Lastly, have an utterly marvellous time.  Its such a buzz, I'm sure you'll enjoy it.*


----------



## blood_magik (5 February 2012)

thanks 

I'm sure we will.
I'll ask the lady I'm going with to confirm which jacket will be best.


----------



## BombayMix (7 February 2012)

Technically it isn't correct to wear tweed but for the amount I hunt I wear a tweed as am not going to buy a navy jacket just for that  I have to say though, I have noticed within our hunt that there is a much higher amount of tweed this year - though everyone still looks very smart


----------



## combat_claire (7 February 2012)

BombayMix said:



			Technically it isn't correct to wear tweed
		
Click to expand...

You are NEVER incorrectly turned out when wearing ratcatcher at any point during the season. 

It will as someone says keep you warmer than a flimsy show jacket in a dark colour (I can testify to this having worn mine during some Exmoor rain that was akin to being hosed with freezing cold water!) and most people can lay their hands on a tweed jacket by begging, stealing or borrowing at very little cost. If you decide you love hunting and want to come any week then by all means invest in a dark hunt coat, but until then no need for anyone to get hot under the collar! 

Kick on and enjoy your day OP, don't forget to let us know how you get on.


----------



## BombayMix (7 February 2012)

combat_claire said:



			You are NEVER incorrectly turned out when wearing ratcatcher at any point during the season.
		
Click to expand...

Ah thanks - I was told this by a member of the hunt and couldn't understand why you could wear it sometimes but not others - but you make sense


----------



## JenHunt (7 February 2012)

combat_claire said:



			You are NEVER incorrectly turned out when wearing ratcatcher at any point during the season. 

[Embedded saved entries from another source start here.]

-- ===== src/Pattern/Fixed/Compile.antt =====
-- `FixedBuf::compile` of ganymede-pattern-core/src/pattern/fixed.rs beside `Fixed::valid_for`,
-- the check of static parts.
use ganymede.Common.{
  ℕ, zero, suc, ◌+◌, ◌≤◌, ◌<◌, ◌≡◌, ◌≢◌, refl, List, [], ◌∷◌, ◌++◌, Option, none, some, Bool, true,
  false, ◌==◌, if◌then◌else◌, length, get_elem?, replicate, bit_and, checked_add, arith,
  length-append, length-replicate, get_elem?-append_left, get_elem?-append_right,
  get_elem?-replicate, ◌∙◌,
}
use native.Mathlib.Nat.{add-zero}
use mathlib.Core.Path.{subst}
use ganymede.Pattern.Atom.{Atom}
use ganymede.Pattern.Read.{Bytes, ◌>>=◌}
use ganymede.Pattern.Fixed.{
  Fixed, fixed_new, starts_with_save, zero_span, valid_loop, valid_for, width_loop, project_loop,
  finish_projection, fixed_compile,
}

-- `later` begins with `first`.
record Extends (first later : Bytes) : Type 0 where
  longer : length first ≤ length later
  same : (i : ℕ) → i < length first → get_elem? later i ≡ get_elem? first i

Extends-refl : (xs : Bytes) → Extends xs xs
Extends-refl xs = record { longer = omega arith; same = λ i h. refl }

Extends-append : (xs ys later : Bytes) → Extends (xs ++ ys) later → Extends xs later
Extends-append xs ys later e = record {
  longer = omega (arith, length-append xs ys, e.longer);
  same = λ i h. e.same i (omega (arith, length-append xs ys)) ∙ get_elem?-append_left xs ys i h;
}

Extends-here :
    (xs ys later : Bytes) (i : ℕ)
    → Extends (xs ++ ys) later
    → i < length ys
    → get_elem? later (length xs + i) ≡ get_elem? ys i
Extends-here xs ys later i e h =
    e.same (length xs + i) (omega (arith, length-append xs ys)) ∙ get_elem?-append_right xs ys i

-- The loop only appends, and to both arrays alike.
abbrev Grows : Bytes → Bytes → Option (Bytes × Bytes × ℕ) → Type 0
Grows bytes masks none = Unit {0}
Grows bytes masks (some (b, m, mask)) = Extends bytes b × Extends masks m × (length b ≡ length m)

Grows-append :
    (bytes masks bs ms : Bytes) (r : Option (Bytes × Bytes × ℕ))
    → Grows (bytes ++ bs) (masks ++ ms) r
    → Grows bytes masks r
Grows-append bytes masks bs ms none g = tt
Grows-append bytes masks bs ms (some (b, m, mask)) (gb, gm, e) =
    (Extends-append bytes bs b gb, Extends-append masks ms m gm, e)

Grows-if :
    (bytes masks : Bytes) (b : Bool) (o : Option ℕ) (r : Option (Bytes × Bytes × ℕ))
    → Grows bytes masks r
    → Grows bytes masks (if b then none else (o >>= λ _. r))
Grows-if bytes masks true o r g = tt
Grows-if bytes masks false none r g = tt
Grows-if bytes masks false (some _) r g = g

project_loop-Grows :
    (atoms : List Atom) (index mask : ℕ) (bytes masks : Bytes)
    → length bytes ≡ length masks
    → Grows bytes masks (project_loop index mask bytes masks atoms)
unfolding project_loop
project_loop-Grows [] index mask bytes masks e = (Extends-refl bytes, Extends-refl masks, e)
project_loop-Grows (Atom.save zero ∷ atoms) index mask bytes masks e =
    ground (arith, project_loop-Grows atoms (index + 1) mask bytes masks e)
project_loop-Grows (Atom.nop ∷ atoms) index mask bytes masks e =
    project_loop-Grows atoms (index + 1) mask bytes masks e
project_loop-Grows (Atom.fuzzy m ∷ atoms) index mask bytes masks e =
    project_loop-Grows atoms (index + 1) m bytes masks e
project_loop-Grows (Atom.byte b ∷ atoms) index mask bytes masks e =
    Grows-append bytes masks (bit_and b mask ∷ []) (mask ∷ []) _ (
      project_loop-Grows atoms (index + 1) 255 (bytes ++ bit_and b mask ∷ []) (masks ++ mask ∷ [])
        (omega (arith, length-append bytes (bit_and b mask ∷ []), length-append masks (mask ∷ []))))
project_loop-Grows (Atom.skip n ∷ atoms) index mask bytes masks e =
    Grows-if bytes masks (n == 0) (checked_add (length bytes) n) _ (
      Grows-append bytes masks (replicate n 0) (replicate n 0) _ (
        project_loop-Grows atoms (index + 1) 255 (bytes ++ replicate n 0) (masks ++ replicate n 0) (
          omega (arith, length-append bytes (replicate n 0), length-append masks (replicate n 0)))))
project_loop-Grows (_ ∷ atoms) index mask bytes masks e = tt

zero_span-intro :
    (bytes masks : Bytes) (n at : ℕ)
    → ((i : ℕ) → i < n → (get_elem? bytes (at + i) ≡ some 0) × (get_elem? masks (at + i) ≡ some 0))
    → zero_span bytes masks at n ≡ true
unfolding zero_span
zero_span-intro bytes masks zero at h = refl
zero_span-intro bytes masks (suc n) at h =
    let here : (get_elem? bytes at ≡ some 0) × (get_elem? masks at ≡ some 0) =
      rw (add-zero at) at (h 0 (omega arith)) in
    ground (
      arith,
      here,
      zero_span-intro bytes masks n (at + 1)
          λ i lt. let e : at + 1 + i ≡ at + suc i = omega arith in rw e (h (suc i) (omega arith)),
    )

Grows-of :
    {bytes masks b m : Bytes} {mask : ℕ} {r : Option (Bytes × Bytes × ℕ)}
    → Grows bytes masks r
    → r ≡ some (b, m, mask)
    → Extends bytes b × Extends masks m × (length b ≡ length m)
Grows-of {bytes} {masks} g p = subst (Grows bytes masks) p g

Extends-next :
    (bytes : Bytes) (x : ℕ) (b : Bytes)
    → Extends (bytes ++ x ∷ []) b
    → get_elem? b (length bytes) ≡ some x
Extends-next bytes x b e =
    rw (add-zero (length bytes)) at (Extends-here bytes (x ∷ []) b 0 e (omega arith))

-- What the rest of the loops found is what `valid_loop` checks.
project_loop-valid_loop :
    (atoms : List Atom) (index mask width total : ℕ) (fuzzy : Bool) (bytes masks b m : Bytes)
    → length bytes ≡ length masks
    → length bytes ≡ width
    → (fuzzy ≡ false → mask ≡ 255)
    → project_loop index mask bytes masks atoms ≡ some (b, m, 255)
    → width_loop index width fuzzy atoms ≡ some total
    → valid_loop b m index (length bytes) mask atoms ≡ true
unfolding project_loop width_loop valid_loop
project_loop-valid_loop [] index mask width total fuzzy bytes masks b m e w k p q = ground arith
project_loop-valid_loop (Atom.save zero ∷ atoms) index mask width total fuzzy bytes masks b m e w k
      p q =
    ground (
      arith,
      project_loop-valid_loop atoms (index + 1) mask width total fuzzy bytes masks b m e w k,
    )
project_loop-valid_loop (Atom.nop ∷ atoms) index mask width total fuzzy bytes masks b m e w k p q =
    project_loop-valid_loop atoms (index + 1) mask width total fuzzy bytes masks b m e w k p q
project_loop-valid_loop (Atom.fuzzy n ∷ atoms) index mask width total fuzzy bytes masks b m e w k p
      q =
    ground (
      arith,
      k,
      project_loop-valid_loop atoms (index + 1) n width total true bytes masks b m e w (λ h. cc) p,
    )
project_loop-valid_loop (Atom.byte n ∷ atoms) index mask width total fuzzy bytes masks b m e w k p
      q =
    let len = length-append bytes (bit_and n mask ∷ []) in
    let len' = length-append masks (mask ∷ []) in
    let p' : project_loop (index + 1) 255 (bytes ++ bit_and n mask ∷ []) (masks ++ mask ∷ []) atoms
        ≡ some (b, m, 255) =
      p in
    let (gb, gm, _) =
      Grows-of
        (project_loop-Grows atoms (index + 1) 255 (bytes ++ bit_and n mask ∷ [])
          (masks ++ mask ∷ []) (omega arith))
        p' in
    let onward : width_loop (index + 1) (width + 1) false atoms ≡ some total = ground arith in
    let rest =
      project_loop-valid_loop atoms (index + 1) 255 (width + 1) total false
        (bytes ++ bit_and n mask ∷ []) (masks ++ mask ∷ []) b m (omega arith) (omega arith)
        (λ _. refl) p onward in
    let next : length (bytes ++ bit_and n mask ∷ []) ≡ length bytes + 1 = omega arith in
    let rest' : valid_loop b m (index + 1) (length bytes + 1) 255 atoms ≡ true = rw next at rest in
    let hb = Extends-next bytes (bit_and n mask) b gb in
    let hm : get_elem? m (length bytes) ≡ some mask = rw e (Extends-next masks mask m gm) in
    ground (arith, hb, hm, rest')
project_loop-valid_loop (Atom.skip n ∷ atoms) index mask width total fuzzy bytes masks b m e w k p
      q =
    let bytes' = bytes ++ replicate n 0 in
    let masks' = masks ++ replicate n 0 in
    let len = length-append bytes (replicate n 0) in
    let len' = length-append masks (replicate n 0) in
    let size : length (replicate {A = ℕ} n 0) ≡ n = length-replicate n 0 in
    let p' : project_loop (index + 1) 255 bytes' masks' atoms ≡ some (b, m, 255) = ground arith in
    let (gb, gm, _) =
      Grows-of (project_loop-Grows atoms (index + 1) 255 bytes' masks' (omega arith)) p' in
    let onward : width_loop (index + 1) (width + n) false atoms ≡ some total = ground arith in
    let unfuzzed : mask ≡ 255 = ground (arith, k) in
    let rest =
      project_loop-valid_loop atoms (index + 1) 255 (width + n) total false bytes' masks' b m
        (omega arith) (omega arith) (λ _. refl) p' onward in
    let next : length bytes' ≡ length bytes + n = omega arith in
    let rest' : valid_loop b m (index + 1) (length bytes + n) 255 atoms ≡ true = rw next at rest in
    let span : zero_span b m (length bytes) n ≡ true = zero_span-intro b m n (length bytes) (λ i lt.
      (
        Extends-here bytes (replicate n 0) b i gb (omega arith) ∙ get_elem?-replicate n 0 i lt,
        rw e (
            Extends-here masks (replicate n 0) m i gm (omega arith) ∙ get_elem?-replicate n 0 i lt),
      )) in
    ground (arith, Extends.longer gb, span, rest', unfuzzed)
project_loop-valid_loop (_ ∷ atoms) index mask width total fuzzy bytes masks b m e w k p q = cc

finish_projection-inv :
    (r : Bytes × Bytes × ℕ) (f : Fixed)
    → finish_projection r ≡ some f
    → (r ≡ (f.bytes, f.masks, 255)) × (length f.bytes ≢ 0) × (f ≡ fixed_new f.bytes f.masks)
unfolding fixed_new
finish_projection-inv (b, m, mask) f h = ground arith

fixed_compile-inv :
    (atoms : List Atom) (f : Fixed)
    → fixed_compile atoms ≡ some f
    → (starts_with_save atoms ≡ true)
      × ((total : ℕ) × (width_loop 0 0 false atoms ≡ some total))
      × ((r : Bytes × Bytes × ℕ) × (project_loop 0 255 [] [] atoms ≡ some r)
          × (finish_projection r ≡ some f))
unfolding fixed_compile
fixed_compile-inv atoms f h =
    let saved : starts_with_save atoms ≡ true = ground arith in (saved, ground arith, ground arith)

-- The projection that `FixedBuf::compile` derives from an atom stream passes `Fixed::valid_for` on
-- that stream, and its plan is the one that `Fixed::new` derives again from its bytes and masks.
pub fixed_compile-valid_for :
    (atoms : List Atom) (f : Fixed)
    → fixed_compile atoms ≡ some f
    → (valid_for atoms f.bytes f.masks ≡ true) × (f ≡ fixed_new f.bytes f.masks)
unfolding valid_for
fixed_compile-valid_for atoms f h =
    let (saved, (total, w), (r, p, q)) = fixed_compile-inv atoms f h in
    let (e, nonempty, planned) = finish_projection-inv r f q in
    let p' : project_loop 0 255 [] [] atoms ≡ some (f.bytes, f.masks, 255) = rw (← e) p in
    let (_, _, same) = Grows-of (project_loop-Grows atoms 0 255 [] [] refl) p' in
    let loop : valid_loop f.bytes f.masks 0 0 255 atoms ≡ true =
      project_loop-valid_loop atoms 0 255 0 total false [] [] f.bytes f.masks refl refl (λ _. refl)
        p' w in
    (ground arith, planned)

It will as someone says keep you warmer than a flimsy show jacket in a dark colour (I can testify to this having worn mine during some Exmoor rain that was akin to being hosed with freezing cold water!) and most people can lay their hands on a tweed jacket by begging, stealing or borrowing at very little cost. If you decide you love hunting and want to come any week then by all means invest in a dark hunt coat, but until then no need for anyone to get hot under the collar! 

Kick on and enjoy your day OP, don't forget to let us know how you get on.
		
Click to expand...

that's what I was about to say CC- but you got there first! 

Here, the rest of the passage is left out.